Например, теория Фрейда о сублимации исходит из пессимистического посыла. Неудовлетворение своих желаний разного рода, ведет к перенаправлению этой энергии в другое русло. То есть в основе лежит неудовлетворение и недовольство от невозможности исполнить то, что хочешь.

Говорить о том, что пессимизм, который мы исследуем сегодня, существовал до Шопенгауэра мы не можем, так как только он акцентуализировал его и философски преобразовал, дав начало последующему умственному брожению по данному вопросу. Ранее мы видели, как мыслители, поэты и литераторы так или иначе касались этого вопроса, но нельзя сказать, что они выделяли пессимизм как отдельный объект для исследования. Тем более их язык и парадигма в какой они мыслили сильно отличались от начал данных Шопенгауэром. Именно поэтому здесь мы не можем оспаривать посылы оптимизма данные Лейбницем, так как говорим с ним в разных плоскостях, хотя он и максимально близко подошёл к его критическому осмыслению. Тем не менее работы Роберта Бёртона «Анатомия меланхолии» и Лейбница «Теодеция» определённым образом связаны с объектом нашего исследования, но при этом не являются предтечей тому, о чём мы говорим.

Общее представление Шопенгауэра о пессимизме, здесь, мы приняли по умолчанию, не подвергая его теорию критическому разбору. Основная проблема пессимистической теории Шопенгауэра состоит в его центральном основании на понятии воли, из которой он выводит пессимизм. Именно волюнтаристская теория наслаждения и страдания спорна в главном тезисе о том, что всякие страдания происходят от желаний. В обыденной жизни мы наблюдаем страдания происходящие, например, от внешнего мира и от внутренней работы ума. Потом сама воля порой бывает свободна от страдания. Более того так называемым спонтанным радостям не всегда предшествуют страдания. Потом, в обыденной жизни человек знает волю как сдерживающий фактор желания. Наконец, представление о том, что страдание продолжительно, а наслаждение скоротечно и между ними нет промежуточных звеньев, так же спорно в теории Шопенгауэра. Обыденный опыт знает минуты без желания, страдания и наслаждения, минуты равновесия. После удовлетворения, которое само по себе является сильным аффектом, наступает срединное время без желания и страдания.

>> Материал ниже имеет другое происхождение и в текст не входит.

-- ===== src/Server/Messages/Laws.antt =====
-- The bytes of a server's messages.
use serialrpc.Base.{
  ℕ, ◌+◌, ◌%◌, ◌^◌, ◌<◌, ◌≤◌, ◌≡◌, refl, sym, ap, Bool, List, [], ◌∷◌, ◌++◌, append-nil,
  append_assoc, length, Fits, All, arith,
}
use serialrpc.Io.{Io, Bytes, Sink, ok}
use serialrpc.Io.Laws.{Laws}
use serialrpc.Rpc.{
  ServiceInfo, protocol_version, reply, error_reply, event, server_hello, server_goodbye,
  server_byte,
}
use serialrpc.Encoding.Tag.{var_int, end_tag, code}
use serialrpc.Encoding.Tag.RoundTrip.{tag_bytes, write_tag_lem}
use serialrpc.Encoding.Marshal.{message, Fields}
use serialrpc.Encoding.Marshal.Encode.{
  encode, encode_fields, encode_value, FieldsInRange, depth_fields, wrap, InRange, depth,
}
use serialrpc.Encoding.Marshal.Refines.{marshal-encode, marshal_value-encode}
use serialrpc.Encoding.Chunked.Laws.{IsChunk, chunk_bytes, write_chunked_lem}
use serialrpc.Server.Messages.{
  protocol_version_field_number, services_field_number, ServiceDef, to_int32, to_service_def,
  service_def_fields, send_reply_msg, send_event, send_service_description,
  send_services_descriptions, handle_error, write_server_hello, write_goodbye,
}

pub to_int32-Fits : (n : ℕ) → n < 2 ^ 32 → Fits 31 (to_int32 n)
unfolding to_int32
to_int32-Fits n h = ground arith

-- The bounds of the types of a `ServiceInfo`.
pub record InfoInRange (info : ServiceInfo) : Type 0 where
  pub uuid_length : length info.uuid ≡ 16
  pub major_fits : Fits 31 info.major_version
  pub minor_fits : Fits 31 info.minor_version
  pub endpoints_fit : info.num_endpoints < 2 ^ 31

pub def-InRange :
    (info : ServiceInfo)
    → InfoInRange info
    → InRange (message (service_def_fields (to_service_def info)))
unfolding InRange to_service_def
def-InRange info h = (
  omega (arith, h.uuid_length),
  (h.major_fits, (h.minor_fits, (to_int32-Fits info.num_endpoints (omega arith), tt))),
)

def_depth : (def : ServiceDef) → depth (message (service_def_fields def)) ≤ 128
unfolding depth
def_depth def = omega arith

module _ (io : Io) (big : Bool) (laws : Laws io) where
  -- A reply is its type byte and the encoded message, for fields in the range of their types that nest
  -- at most 128 deep.
  pub send_reply_msg_lem :
      (msg : Fields) (w : Sink)
      → FieldsInRange msg
      → depth_fields msg ≤ 128
      → send_reply_msg io big msg w ≡ ok (w ++ server_byte reply ∷ encode io laws msg)
  unfolding send_reply_msg
  send_reply_msg_lem msg w h d =
      rw
        (
          laws.write_byte_eq (server_byte reply) w,
          marshal-encode io big laws msg (w ++ server_byte reply ∷ []) h d,
          laws.flush_eq ((w ++ server_byte reply ∷ []) ++ encode io laws msg),
        )
        (ap ok (append_assoc w (server_byte reply ∷ []) (encode io laws msg)))

  -- An event is its type byte, the one-based number of its endpoint, below 2^32, and the encoded
  -- message, for fields in the range of their types that nest at most 128 deep.
  pub send_event_lem :
      (event_id : ℕ) (msg : Fields) (w : Sink)
      → event_id + 1 < 2 ^ 32
      → FieldsInRange msg
      → depth_fields msg ≤ 128
      → send_event io big event_id msg w
        ≡ ok (w ++ server_byte event ∷ (laws.uvarint (event_id + 1) ++ encode io laws msg))
  unfolding send_event
  send_event_lem event_id msg w lt h d =
      rw
        (
          small,
          laws.write_byte_eq (server_byte event) w,
          laws.write_uint32_eq (event_id + 1) (w ++ server_byte event ∷ []) lt,
          marshal-encode io big laws msg
              ((w ++ server_byte event ∷ []) ++ laws.uvarint (event_id + 1)) h d,
          laws.flush_eq (
              ((w ++ server_byte event ∷ []) ++ laws.uvarint (event_id + 1)) ++ encode io laws msg),
        )
        (simp append_assoc)
    where
      small : (event_id + 1) % 2 ^ 32 ≡ event_id + 1
      small = omega arith

  abbrev pub description_bytes : List ServiceInfo → Bytes
  description_bytes [] = []
  description_bytes (info ∷ infos) =
      wrap io laws services_field_number
        (encode_fields io laws (service_def_fields (to_service_def info)))
      ++ description_bytes infos

  description_lem :
      (info : ServiceInfo) (w : Sink)
      → InfoInRange info
      → send_service_description io big (to_service_def info) w
        ≡ ok (
            w
            ++ wrap io laws services_field_number
                (encode_fields io laws (service_def_fields (to_service_def info))))
  unfolding send_service_description encode_value
  description_lem info w h =
      rw
        (marshal_value-encode io big laws services_field_number
          (message (service_def_fields (to_service_def info))) w (def-InRange info h)
          (def_depth (to_service_def info)))
        refl

  pub descriptions_lem :
      (infos : List ServiceInfo) (w : Sink)
      → All InfoInRange infos
      → send_services_descriptions io big infos w ≡ ok (w ++ description_bytes infos)
  unfolding send_services_descriptions
  descriptions_lem [] w h = ap ok (sym (append-nil w))
  descriptions_lem (info ∷ infos) w (h, hs) =
      rw (description_lem info w h, descriptions_lem infos _ hs)
        (ap ok (append_assoc w _ (description_bytes infos)))

  -- The hello: its type byte, the protocol version, the services in their order, and an End tag.
  abbrev pub hello_fields : List ServiceInfo → Bytes
  hello_fields infos =
      tag_bytes io laws protocol_version_field_number var_int
      ++ (laws.uvarint protocol_version ++ (description_bytes infos ++ code end_tag ∷ []))

  -- The hello of a server whose services have numbers in range is its type byte, the protocol version,
  -- the descriptions of the services in their order, and an End tag.
  pub server_hello_lem :
      (infos : List ServiceInfo) (w : Sink)
      → All InfoInRange infos
      → write_server_hello io big infos w ≡ ok (w ++ server_byte server_hello ∷ hello_fields infos)
  unfolding write_server_hello
  server_hello_lem infos w h =
      rw
        (
          laws.write_byte_eq (server_byte server_hello) w,
          write_tag_lem io laws protocol_version_field_number var_int
              (w ++ server_byte server_hello ∷ []) tt,
          laws.write_uint32_eq protocol_version
              ((w ++ server_byte server_hello ∷ [])
                ++ tag_bytes io laws protocol_version_field_number var_int)
              (omega arith),
          descriptions_lem infos _ h,
          laws.write_byte_eq (code end_tag) _,
          laws.flush_eq _,
        )
        (simp append_assoc)

module _ (io : Io) (laws : Laws io) where
  -- An error: its type byte, its pieces as chunks, and an empty chunk.
  abbrev pub error_bytes : List Bytes → Bytes
  error_bytes pieces = server_byte error_reply ∷ (chunk_bytes io laws pieces ++ 0 ∷ [])

  pub handle_error_lem :
      (pieces : List Bytes) (w : Sink)
      → All IsChunk pieces
      → handle_error io pieces w ≡ ok (w ++ error_bytes pieces)
  unfolding handle_error
  handle_error_lem pieces w h =
      rw
        (
          laws.write_byte_eq (server_byte error_reply) w,
          write_chunked_lem io laws pieces (w ++ server_byte error_reply ∷ []) h,
          laws.flush_eq
              ((w ++ server_byte error_reply ∷ []) ++ (chunk_bytes io laws pieces ++ 0 ∷ [])),
        )
        (ap ok
          (append_assoc w (server_byte error_reply ∷ []) (chunk_bytes io laws pieces ++ 0 ∷ [])))

  pub goodbye_lem : (w : Sink) → write_goodbye io w ≡ ok (w ++ server_byte server_goodbye ∷ [])
  unfolding write_goodbye
  goodbye_lem w =
      rw
        (
          laws.write_byte_eq (server_byte server_goodbye) w,
          laws.flush_eq (w ++ server_byte server_goodbye ∷ []),
        )
        refl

При уяснении пессимистической составляющей жизни, естественным следствием было бы делать всё, что ограничивает проявление жизни, вплоть до её уничтожения, но вечное колесо страданий крутит то, что Шопенгауэр назвал «воля к жизни». Интересней всего этот вопрос решает индийская философия, введя такую категорию как нирвана, которая совершенно непонятна для западного ума, ввиду закона исключенного третьего. И действительно, ещё Августин заметил, что человек предпочитает жить как можно дольше, даже если вся его жизнь состоит из больших страхов и великих страданий2. В этом и состоит великое противоречие человеческого бытия, при котором ум, сознание и чувства говорят о несчастьях и страданиях, но инстинкт самосохранения и жажда чувств к наслаждениям толкают к жизни.

Шопенгауэр называл волю к жизни бессознательной, ведущей человека к действиям и стремлениям, а ввиду этого ещё и злой. Человек верит в исход дела какой он задумал, так как не хочет дискредитировать себя, так как если бы он изначально сомневался в правильности поступка, то не делал бы вообще то, что приходило ему на ум. Значимость собственных действий помогает человеку действовать, придаёт им оттенок правильности. Ему проще изначально убедить себя в положительном исходе дела и вместе с этой мыслью идти на дело, чем сразу же разочароваться в нём. Значимость собственных действий, как правило поддерживаемая обществом или в крайнем случае поддерживаемая только самим действующим, придаёт значимость жизни вообще. В большинстве случаев человек в жизни более ничего не желает, как не отставать от других, быть не хуже, чем все, при этом сохраняя свою изюминку. Парадокс же состоит в том, что именно это и толкает человека к самым фундаментальным несчастьям ввиду того, что оно лишает спокойствия. Если бы как в сказке человек мог выбрать между действием и спокойствием понимаемыми предельно широко, то несомненно абсолютное большинство выбрало бы спокойствие. В этом выборе, пожалуй, состоит основное отличие цивилизаций друг от друга. Поэтому неприятие всякого начинания, недеяние и отрицание всякого стремления – вот основные посылы пессимизма. Эти положения находят своё подтверждение в антитезе определения оптимизма, какое даёт А. Швейцер в афоризме: оптимизм – это воля к жизни. Ведь всякое действие так или иначе направлено на улучшение своего положения в будущем, что обычно приводит к обратному, так как само действие вообще есть уже страдание.